Human Rights Watch’s 2014 report, “The Crisis in Buenaventura,” says “for the past three years, Buenaventura has led all Colombian municipalities in the numbers of newly displaced persons.”  It counted 22,028 residents who fled in 2011, 15,191 in 2012, and 13,468 between January and October 2013. According to Castro, in the last decade sixty thousand people have been forced out.  “Now the latest plans for expanding the port will affect another five to ten thousand.  Since almost 99% of displaced people are Afro-Colombians, privatization and displacement have a racist component.”

Human Rights Watch charges that violence drives displacement.  At its height the right wing paramilitary organization, the United Self Defense Forces (AUC), killed more than 1000 Buenaventurans in 2000 and 2001 alone, according to prosecutors.  After the AUC was “demobilized” in December of 2004, other rightwing paramilitary groups emerged incorporating former AUC members. People are “disappeared” every year — 24 in 2006, 63 in 2008, 43 in 2010 and 38 in 2013, the report states.  Many corpses are dismembered, washed up on the beaches after being cut apart in “chop up houses.” Paramilitaries require permits to hold gatherings, enforce curfews and prohibit visitors in the areas they control.  They cooperate with local businessmen.  After water was privatized several years ago, service was cut to 2-3 hours a day, while rates went up.  When protesting residents refused to pay, company representatives showed up at their homes with men carrying machine guns.
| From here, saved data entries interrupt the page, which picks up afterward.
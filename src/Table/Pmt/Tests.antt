-- ===== src/Table/Pmt/Tests.antt =====
-- src/table.c: the loop of `parse_pmt` on a stream of sections and a video stream.
use tsanalyze.Base.{
  ℕ, true, false, Option, none, some, List, [], ◌∷◌, ◌++◌, map, Bytes, length, replicate, ◌≡◌, refl,
  arith, memcpy,
}
use tsanalyze.Bitmap.{bitmap64_get, bitmap64_set}
use tsanalyze.Filter.{no_slot, filter_alloc, filter_set}
use tsanalyze.Table.Register.{init_table_filter}
use tsanalyze.Table.Ops.{register_section_ops}
use tsanalyze.Descriptor.{parse_descriptors}
use tsanalyze.Pes.{null, register_pes_ops}
use tsanalyze.Pes.Examples.{zeros}
use tsanalyze.Table.Pat.{parsed}
use tsanalyze.Table.Pmt.{Registries, register_stream, register_data, streams_from}
use tsanalyze.Table.Pmt.Streams.{Stream, encode, node_of, register_all, streams_from-encode}

abbrev no_parser : ℕ → Bytes → ℕ → Option Bytes
no_parser tag ptr n = some []

abbrev two_streams : List (Stream Bytes)
two_streams =
    record { type = 0x05; reserved = 7; pid = 0x101; reserved1 = 15; info = []; descriptors = [] }
    ∷ record { type = 0x1B; reserved = 7; pid = 0x102; reserved1 = 15; info = []; descriptors = [] }
    ∷ []

abbrev nothing : Registries Bytes
nothing = record {
  psi = record {
    pmt_bitmap = replicate 128 0;
    section_bitmap = replicate 128 0;
    filters = λ _. record { cap = 0; slots = []; map = λ _. no_slot; multi = false };
  };
  pes = record { pid_num = 0; pid_bitmap = replicate 128 0; pid_index = λ _. 0; list = null };
  scte = record { pid_num = 0; pid_bitmap = replicate 128 0; pids = replicate 8 0 };
}

abbrev outcome : Option (Registries Bytes) → Registries Bytes
outcome none = nothing
outcome (some r) = r

abbrev registered : Registries Bytes
registered = outcome (register_all no_parser none none zeros true (map node_of two_streams) nothing)

streams_from-encode_example :
    streams_from none none zeros true no_parser true 10
      (encode two_streams ++ [])
      (length (encode two_streams))
      nothing
    ≡ some (parsed, map node_of two_streams, registered)
unfolding parse_descriptors register_stream register_data register_section_ops register_pes_ops
    bitmap64_get bitmap64_set init_table_filter filter_alloc filter_set memcpy
streams_from-encode_example =
    streams_from-encode no_parser none none zeros true two_streams [] 10 nothing registered
      (
        record {
          three_bits = omega arith;
          pid_bits = omega arith;
          four_bits = omega arith;
          info_bits = omega arith;
          read = λ rest. refl;
        },
        (
          record {
            three_bits = omega arith;
            pid_bits = omega arith;
            four_bits = omega arith;
            info_bits = omega arith;
            read = λ rest. refl;
          },
          tt,
        ),
      )
      (omega arith) refl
“In Bajamar,” HRW says “for the first three days of November, there were shootouts three or four times a day, lasting up to two hours.  On the third day, the Urabeños removed a man from a house and executed him in front of community members.”  Despite repression and extreme violence, however, the longshore union in Buenaventura continues to exist.  It participates actively in labor resistance to Colombia’s free trade policies.  “We admire the people who can stand up to pressure from the companies and the port association,” Castro says.  The union organized two strikes last year and won contracts, although several workers were beaten and thirty were fired.”

“Today we see more unity in our community, like the recent strike in the countryside which led to a strike among longshore workers and students.  With this kind of mobilization we will be able to stop the policies that are hurting us, and change Colombian society.”